Israel, decía, es un país de contradicciones. Así, junto a los malos modales de no pocos y los gritos demasiado comunes encontramos a gente capaz de bajarse con uno del autobús para explicarle cómo llegar a la calle por la que preguntaba. Israel es un país que tiene mucho que aprender de otros… en los que se respetan las filas en la parada del bus y en el supermercado, en los que se habla sin gritar y la gente no cree que siempre tiene razón. Pero también es un país con mucho que enseñar. Enseñar, por ejemplo, que la única venganza posible tras una terrible tragedia es apostar por la vida, como hicieron en el secundario Shevaj Mofet de Tel Aviv, varios de cuyos alumnos fueron asesinados en un atentado suicida de Hamás en junio del 2001, mientras esperaban para entrar un sábado noche a una discoteca de la playa: en su memoria, inauguraron una nueva biblioteca. Igualmente puede enseñar solidaridad, como la manifestada por el pueblo todo en situaciones de emergencia, sea cuando los habitantes del norte abren sus casas para recibir a desconocidos compatriotas del sur hartos de los cohetes disparados desde Gaza, sea cuando los habitantes del sur abren sus casas para recibir a desconocidos compatriotas del norte hartos de los misiles de Hizbalá. O la mostrada por aquellos que enviaron paquetes y ayuda a Haití tras el terremoto. Israel siempre está listo para prestar ayuda humanitaria a países asolados por una catástrofe. Ese es su brazo más largo, no el armado.
Para terminar, vuelvo a mis hijos, nacidos los tres en Jerusalem, con una plegaria que elevo no necesariamente a Dios, ya que no estoy segura de que siempre preste atención.
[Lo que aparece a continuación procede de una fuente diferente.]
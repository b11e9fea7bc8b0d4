-- ===== src/Engine/Driving.antt =====
-- internal/engine/engine.go: one state's work, the interpreter loop, and how a drive ends.
use hounds_ciai.Prelude.{
  ℕ, zero, suc, String, Bool, true, false, not, ◌&&◌, ◌||◌, Option, none, some, ◌==◌, string_eq,
  find?, contains,
}
use hounds_ciai.Prelude.Maps.{lookup_or}
use hounds_ciai.Result.{Err, Result, ok, err, suspended, no_transition, still_waiting}
use hounds_ciai.Config.Types.{State, Entry, Transition, state_of}
use hounds_ciai.Engine.Monad.{
  World, Engine, M, attached, detached, Cause, operator_cancel, drive_deadline, shutdown, cleanup,
  pure, raise, branch, caught, get_task, get_cause, call, ◌>>=◌, ◌>>◌,
}
use hounds_ciai.Engine.Lookup.{
  cancel_state, auto_fired_events, find_event_transition, find_timeout_transition, is_terminal,
  is_halt, escalation_target,
}
use hounds_ciai.Engine.Notices.{append_row, notify_terminal_alert}
use hounds_ciai.Engine.Transitions.{advance}
use hounds_ciai.Engine.Gates.{evaluate_gate}
use hounds_ciai.Engine.Spawning.{spawn, check_retry_cap, has_pr}
use hounds_ciai.Engine.Merging.{Outcome, run_merge_action}
use hounds_ciai.Engine.Waiting.{evaluate_gate_or_suspend, await_agent_state}

module _ {W : Type 0} (ext : World W) where
  -- The waits of `runState`, after the entry: an auto-fired event, the agent, or the merge gate.
  unfoldable pub gate_once : Engine → Transition → M W Outcome
  gate_once e t = evaluate_gate ext e t >>= λ verdict. pure (record {
    next = lookup_or verdict "" t.branch;
    trigger = "status.changed";
    result = verdict;
  })

  unfoldable pub wait_status : Engine → Option Transition → Option Transition → M W Outcome
  unfolding gate_once
  wait_status e none timeout_t = raise no_transition
  wait_status e (some t) none = gate_once e t
  wait_status e (some t) (some timeout_t) = evaluate_gate_or_suspend ext e t timeout_t

  unfoldable pub wait_agent : Engine → State → Option Transition → M W Outcome
  unfolding wait_status
  wait_agent e st none =
      wait_status e (find_event_transition st "status.changed") (find_timeout_transition st)
  wait_agent e st (some done_t) = await_agent_state ext e st done_t

  abbrev pub auto_fired : State → Option Transition
  auto_fired st =
      find?
        (λ (t : Transition). not (t.when.event == "") && contains auto_fired_events t.when.event)
        st.transitions

  unfoldable pub fire_or_wait : Engine → State → Option Transition → M W Outcome
  unfolding wait_agent
  fire_or_wait e st (some t) = pure (record { next = t.to; trigger = t.when.event; result = "" })
  fire_or_wait e st none = wait_agent e st (find_event_transition st "agent.done")

  unfoldable pub await_trigger : Engine → State → M W Outcome
  unfolding fire_or_wait
  await_trigger e st = fire_or_wait e st (auto_fired st)

  -- A resume counts a retry only for a new round: the agent was not yet spawned for this state.
  unfoldable pub count_round : Engine → State → M W (Option String)
  count_round e st = do
    task ← get_task
    branch (not (task.pane_spawn_state == task.current_state)) (check_retry_cap ext e st)
        (pure none)

  unfoldable pub resume_or_give_up : Engine → State → Entry → Option String → M W Outcome
  resume_or_give_up e st en (some target) =
      pure (record { next = target; trigger = "retry_exhausted"; result = "" })
  resume_or_give_up e st en none = spawn ext e en.resume st >> await_trigger e st

  unfoldable pub run_entry : Engine → State → Option Entry → M W Outcome
  unfolding count_round resume_or_give_up
  run_entry e st none = await_trigger e st
  run_entry e st (some en) =
      branch (not (en.spawn == "")) (spawn ext e en.spawn st >> await_trigger e st) (
        branch (not (en.resume == "")) (count_round e st >>= resume_or_give_up e st en) (
          branch (not (en.action == "")) (run_merge_action ext e st en.action)
            (await_trigger e st)))

  -- `runState`.
  unfoldable pub run_state : Engine → M W Outcome
  run_state e = do
    task ← get_task
    let st = state_of e.wf task.current_state
    run_entry e st st.entry

  -- `maybeCleanup`: a terminal with no PR and no alert loses its worktree, best effort.
  unfoldable pub maybe_cleanup : Engine → M W (Unit {0})
  maybe_cleanup e = do
    task ← get_task
    branch
        (has_pr task.pr_number
          || not (is_terminal e.wf task.current_state)
          || (state_of e.wf task.current_state).alert)
        (pure tt) (call ext (cleanup task.id) >> pure tt)

  unfoldable pub halt : Engine → Bool → M W String
  halt e false = get_task >>= λ task. pure task.current_state
  halt e true =
      notify_terminal_alert ext e attached
      >> maybe_cleanup e
      >> (get_task >>= λ task. pure task.current_state)

  -- An outcome with no next state is a halt that an audit row records; any other is a transition.
  unfoldable pub apply_outcome : Engine → Outcome → M W Bool
  apply_outcome e o = do
    task ← get_task
    branch (o.next == "")
        (append_row ext attached task.current_state task.current_state o.trigger o.result
          >> pure false)
        (advance ext e attached o.next o.trigger o.result >> pure true)

  -- One round of `driveLoop` in a state that does not halt: whether the loop goes on. A suspension
  -- ends it without an error.
  unfoldable pub round_result : Engine → Result Outcome → M W Bool
  round_result e (ok o) = apply_outcome e o
  round_result e (err suspended) = pure false
  round_result e (err x) = raise x

  unfoldable pub drive_round : Engine → M W Bool
  unfolding round_result
  drive_round e = caught (run_state e) >>= round_result e

  -- `driveLoop`, for a number of rounds; `transitioned` is set once a round moved the task.
  unfoldable pub drive_loop : Engine → ℕ → Bool → M W String
  unfolding halt
  drive_loop e zero transitioned = raise still_waiting
  drive_loop e (suc rounds) transitioned =
      let next = drive_loop e rounds true in
      get_task >>= λ task.
      branch (is_halt e task.current_state) (halt e transitioned)
        (drive_round e >>= λ moved. branch moved next (get_task >>= λ t. pure t.current_state))

  -- `settleCancelled` and `settleDeadline`: an advance on a detached context.
  unfoldable pub settle_cancelled : Engine → M W String
  settle_cancelled e = advance ext e detached cancel_state "operator.cancel" "" >> pure cancel_state

  unfoldable pub settle_deadline : Engine → M W String
  settle_deadline e = do
    task ← get_task
    let (target, why) = escalation_target e.wf task.current_state
    advance ext e detached target "drive_deadline" why
    notify_terminal_alert ext e detached
    pure target

  -- `reclassifyCancel`: an error under a cancelled or reaped context becomes a settle.
  unfoldable pub by_cause : Engine → Err → Option Cause → M W String
  by_cause e x (some operator_cancel) = settle_cancelled e
  by_cause e x (some drive_deadline) = settle_deadline e
  by_cause e x (some shutdown) = raise x
  by_cause e x none = raise x

  unfoldable pub reclassify_cancel : Engine → Result String → M W String
  unfolding by_cause
  reclassify_cancel e (ok state) = pure state
  reclassify_cancel e (err x) = get_cause ext >>= by_cause e x

  -- `drive`.
  unfoldable pub drive : Engine → ℕ → M W String
  drive e rounds = caught (drive_loop e rounds false) >>= reclassify_cancel e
Quisiera que, si tienen que explicar alguna vez qué es Israel para ellos, puedan responder sin dudar, dentro de muchos años, quizás cuando yo ya no esté para protegerlos:
Israel es el país en el que nos sentimos seguros, un país que sabe atender a sus enfermos y ayudar a sus necesitados, un país que nos da orgullo porque invierte en su gente y sabe también prestar atención a los pesares de otros, un país que vive en paz con sus vecinos y consigo mismo. Un país del que mamá estaría orgullosa.
NOTA: Este texto forma parte de la encuesta “Qué significa Israel para mí”, que ha respondido una docena de personalidades de la cultura hispana (entre ellas Rafael L. Bardají, Carlos Alberto Montaner y Horacio Vázquez-Rial) en el más reciente número LA ILUSTRACIÓN LIBERAL.